Exercise inputs below:
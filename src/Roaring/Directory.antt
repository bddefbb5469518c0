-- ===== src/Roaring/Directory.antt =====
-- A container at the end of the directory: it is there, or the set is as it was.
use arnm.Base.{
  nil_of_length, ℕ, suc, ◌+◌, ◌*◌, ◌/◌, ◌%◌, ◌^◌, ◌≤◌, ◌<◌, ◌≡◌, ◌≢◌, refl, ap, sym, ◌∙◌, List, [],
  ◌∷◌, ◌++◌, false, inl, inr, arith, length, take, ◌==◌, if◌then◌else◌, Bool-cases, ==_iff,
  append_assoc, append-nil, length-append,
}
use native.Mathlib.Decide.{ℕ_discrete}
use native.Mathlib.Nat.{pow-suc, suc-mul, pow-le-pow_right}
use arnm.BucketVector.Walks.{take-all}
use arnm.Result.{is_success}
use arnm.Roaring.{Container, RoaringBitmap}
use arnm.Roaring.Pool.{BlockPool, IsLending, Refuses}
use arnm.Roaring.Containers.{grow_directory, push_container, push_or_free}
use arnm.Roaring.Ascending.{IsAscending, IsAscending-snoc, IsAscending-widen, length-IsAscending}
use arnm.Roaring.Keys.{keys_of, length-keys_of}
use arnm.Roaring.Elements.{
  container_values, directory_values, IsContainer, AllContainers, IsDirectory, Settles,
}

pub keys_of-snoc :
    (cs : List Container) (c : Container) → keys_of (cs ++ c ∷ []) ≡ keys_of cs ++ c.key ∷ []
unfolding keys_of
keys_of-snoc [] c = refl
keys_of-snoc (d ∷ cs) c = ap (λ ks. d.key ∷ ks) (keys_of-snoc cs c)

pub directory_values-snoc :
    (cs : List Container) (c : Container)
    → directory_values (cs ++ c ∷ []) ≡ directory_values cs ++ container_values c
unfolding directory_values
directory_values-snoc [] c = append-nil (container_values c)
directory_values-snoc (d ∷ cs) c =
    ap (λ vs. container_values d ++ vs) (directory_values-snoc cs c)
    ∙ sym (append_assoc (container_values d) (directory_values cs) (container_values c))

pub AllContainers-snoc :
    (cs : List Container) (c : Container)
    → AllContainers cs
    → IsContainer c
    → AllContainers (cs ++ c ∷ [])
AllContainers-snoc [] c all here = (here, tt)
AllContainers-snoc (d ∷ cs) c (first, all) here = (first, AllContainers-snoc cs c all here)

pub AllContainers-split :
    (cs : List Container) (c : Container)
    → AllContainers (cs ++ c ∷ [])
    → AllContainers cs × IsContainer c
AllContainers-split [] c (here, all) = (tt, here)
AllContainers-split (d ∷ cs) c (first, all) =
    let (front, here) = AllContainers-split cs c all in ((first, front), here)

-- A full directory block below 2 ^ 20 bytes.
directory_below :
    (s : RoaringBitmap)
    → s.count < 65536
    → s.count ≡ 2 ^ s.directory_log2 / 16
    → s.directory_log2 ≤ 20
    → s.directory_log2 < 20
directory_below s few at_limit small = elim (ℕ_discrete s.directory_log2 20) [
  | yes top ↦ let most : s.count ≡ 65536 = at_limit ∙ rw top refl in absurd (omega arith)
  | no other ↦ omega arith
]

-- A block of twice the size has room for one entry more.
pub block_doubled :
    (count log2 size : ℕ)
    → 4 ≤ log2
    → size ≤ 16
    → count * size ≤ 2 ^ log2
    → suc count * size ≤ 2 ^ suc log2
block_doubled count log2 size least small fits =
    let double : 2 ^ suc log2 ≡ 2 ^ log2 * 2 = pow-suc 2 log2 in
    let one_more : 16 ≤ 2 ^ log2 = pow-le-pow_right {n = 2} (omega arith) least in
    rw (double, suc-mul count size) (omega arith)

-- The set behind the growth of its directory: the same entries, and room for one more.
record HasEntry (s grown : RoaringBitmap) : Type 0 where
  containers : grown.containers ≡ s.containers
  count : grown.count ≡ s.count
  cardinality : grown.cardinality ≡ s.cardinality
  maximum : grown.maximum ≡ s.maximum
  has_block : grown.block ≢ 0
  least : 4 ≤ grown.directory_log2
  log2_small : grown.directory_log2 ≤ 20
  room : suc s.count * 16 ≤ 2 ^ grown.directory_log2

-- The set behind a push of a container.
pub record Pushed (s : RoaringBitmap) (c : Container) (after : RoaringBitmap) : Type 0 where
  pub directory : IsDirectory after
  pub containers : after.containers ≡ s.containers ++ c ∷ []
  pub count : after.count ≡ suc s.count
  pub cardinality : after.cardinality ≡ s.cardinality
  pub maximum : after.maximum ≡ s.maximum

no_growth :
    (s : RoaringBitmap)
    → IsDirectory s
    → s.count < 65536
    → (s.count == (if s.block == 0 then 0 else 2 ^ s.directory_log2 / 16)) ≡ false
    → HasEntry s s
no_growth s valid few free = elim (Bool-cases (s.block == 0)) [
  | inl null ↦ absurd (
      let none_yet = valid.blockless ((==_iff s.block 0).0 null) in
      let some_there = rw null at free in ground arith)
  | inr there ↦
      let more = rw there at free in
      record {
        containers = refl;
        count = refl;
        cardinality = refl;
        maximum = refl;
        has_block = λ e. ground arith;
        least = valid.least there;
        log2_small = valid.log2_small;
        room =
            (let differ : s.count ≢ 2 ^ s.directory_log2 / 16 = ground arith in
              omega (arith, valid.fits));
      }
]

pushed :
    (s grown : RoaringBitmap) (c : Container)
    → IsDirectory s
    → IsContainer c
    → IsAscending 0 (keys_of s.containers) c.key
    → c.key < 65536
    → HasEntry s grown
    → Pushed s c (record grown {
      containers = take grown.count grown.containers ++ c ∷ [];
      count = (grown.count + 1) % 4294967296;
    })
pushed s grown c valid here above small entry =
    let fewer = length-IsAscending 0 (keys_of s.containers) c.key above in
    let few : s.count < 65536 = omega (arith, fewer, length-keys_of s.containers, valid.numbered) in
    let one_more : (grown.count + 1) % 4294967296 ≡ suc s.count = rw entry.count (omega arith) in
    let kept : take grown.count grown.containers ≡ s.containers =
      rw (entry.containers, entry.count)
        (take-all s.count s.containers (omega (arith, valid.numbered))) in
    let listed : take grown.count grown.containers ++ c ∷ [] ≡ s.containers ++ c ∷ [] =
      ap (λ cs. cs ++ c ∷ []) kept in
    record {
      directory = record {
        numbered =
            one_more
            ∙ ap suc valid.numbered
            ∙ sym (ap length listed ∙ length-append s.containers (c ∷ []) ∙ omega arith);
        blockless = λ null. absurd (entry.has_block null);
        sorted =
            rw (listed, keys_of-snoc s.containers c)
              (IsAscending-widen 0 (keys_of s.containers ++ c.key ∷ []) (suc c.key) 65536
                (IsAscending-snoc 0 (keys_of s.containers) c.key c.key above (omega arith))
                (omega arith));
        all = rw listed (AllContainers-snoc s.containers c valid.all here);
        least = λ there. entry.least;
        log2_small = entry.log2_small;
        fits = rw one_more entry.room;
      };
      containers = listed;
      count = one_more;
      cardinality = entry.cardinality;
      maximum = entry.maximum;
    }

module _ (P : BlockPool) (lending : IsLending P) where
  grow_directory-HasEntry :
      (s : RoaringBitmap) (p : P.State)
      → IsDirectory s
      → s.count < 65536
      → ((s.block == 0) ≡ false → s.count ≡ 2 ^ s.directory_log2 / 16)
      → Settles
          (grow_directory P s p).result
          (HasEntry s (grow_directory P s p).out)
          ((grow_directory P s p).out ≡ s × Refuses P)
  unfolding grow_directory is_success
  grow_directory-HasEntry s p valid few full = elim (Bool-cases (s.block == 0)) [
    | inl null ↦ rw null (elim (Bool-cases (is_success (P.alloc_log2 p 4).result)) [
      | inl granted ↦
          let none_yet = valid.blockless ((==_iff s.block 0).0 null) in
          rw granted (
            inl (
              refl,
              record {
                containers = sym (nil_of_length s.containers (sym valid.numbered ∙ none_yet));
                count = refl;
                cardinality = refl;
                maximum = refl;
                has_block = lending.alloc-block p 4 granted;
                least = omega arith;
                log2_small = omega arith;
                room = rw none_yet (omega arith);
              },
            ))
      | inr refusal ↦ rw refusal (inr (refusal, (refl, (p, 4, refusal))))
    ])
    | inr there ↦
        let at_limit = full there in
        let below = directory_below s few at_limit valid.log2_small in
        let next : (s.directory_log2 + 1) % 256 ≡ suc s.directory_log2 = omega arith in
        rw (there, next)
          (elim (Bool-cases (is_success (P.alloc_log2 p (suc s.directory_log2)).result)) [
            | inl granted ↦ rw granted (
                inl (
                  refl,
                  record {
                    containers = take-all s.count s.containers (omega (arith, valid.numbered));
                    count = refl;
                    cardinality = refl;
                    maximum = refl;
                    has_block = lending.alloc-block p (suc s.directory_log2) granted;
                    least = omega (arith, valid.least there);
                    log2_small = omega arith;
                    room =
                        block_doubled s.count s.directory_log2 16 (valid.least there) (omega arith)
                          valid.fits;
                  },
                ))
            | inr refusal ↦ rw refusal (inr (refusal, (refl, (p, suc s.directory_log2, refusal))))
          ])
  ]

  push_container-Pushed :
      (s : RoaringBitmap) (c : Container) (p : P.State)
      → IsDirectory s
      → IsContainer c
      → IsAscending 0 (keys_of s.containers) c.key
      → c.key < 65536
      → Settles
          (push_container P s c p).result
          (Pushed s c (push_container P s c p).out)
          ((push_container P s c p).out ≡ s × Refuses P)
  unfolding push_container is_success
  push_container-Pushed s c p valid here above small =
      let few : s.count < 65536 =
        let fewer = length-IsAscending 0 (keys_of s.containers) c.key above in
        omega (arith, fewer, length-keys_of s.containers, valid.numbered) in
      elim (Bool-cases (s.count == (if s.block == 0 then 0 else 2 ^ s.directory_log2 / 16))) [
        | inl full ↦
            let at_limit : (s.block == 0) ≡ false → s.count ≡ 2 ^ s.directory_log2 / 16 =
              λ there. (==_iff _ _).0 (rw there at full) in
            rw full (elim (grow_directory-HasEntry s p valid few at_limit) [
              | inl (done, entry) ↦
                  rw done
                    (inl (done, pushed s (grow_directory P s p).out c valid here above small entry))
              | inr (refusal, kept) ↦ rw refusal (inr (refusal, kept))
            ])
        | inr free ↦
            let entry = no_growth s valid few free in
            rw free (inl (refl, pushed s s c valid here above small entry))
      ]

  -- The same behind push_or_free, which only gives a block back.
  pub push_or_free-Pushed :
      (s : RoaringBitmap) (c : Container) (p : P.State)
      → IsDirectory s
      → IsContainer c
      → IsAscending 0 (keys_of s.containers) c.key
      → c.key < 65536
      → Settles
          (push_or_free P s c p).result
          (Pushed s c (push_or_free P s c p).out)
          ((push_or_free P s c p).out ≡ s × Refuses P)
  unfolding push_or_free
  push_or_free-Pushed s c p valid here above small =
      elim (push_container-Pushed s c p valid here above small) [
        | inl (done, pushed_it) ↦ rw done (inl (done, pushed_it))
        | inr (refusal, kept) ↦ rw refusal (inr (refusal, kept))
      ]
End of Exercise inputs.
Work request: Go through the listing above, and whenever a line holds the word "absurd", copy it.

Reply:
  | yes top ↦ let most : s.count ≡ 65536 = at_limit ∙ rw top refl in absurd (omega arith)
  | inl null ↦ absurd (
        blockless = λ null. absurd (entry.has_block null);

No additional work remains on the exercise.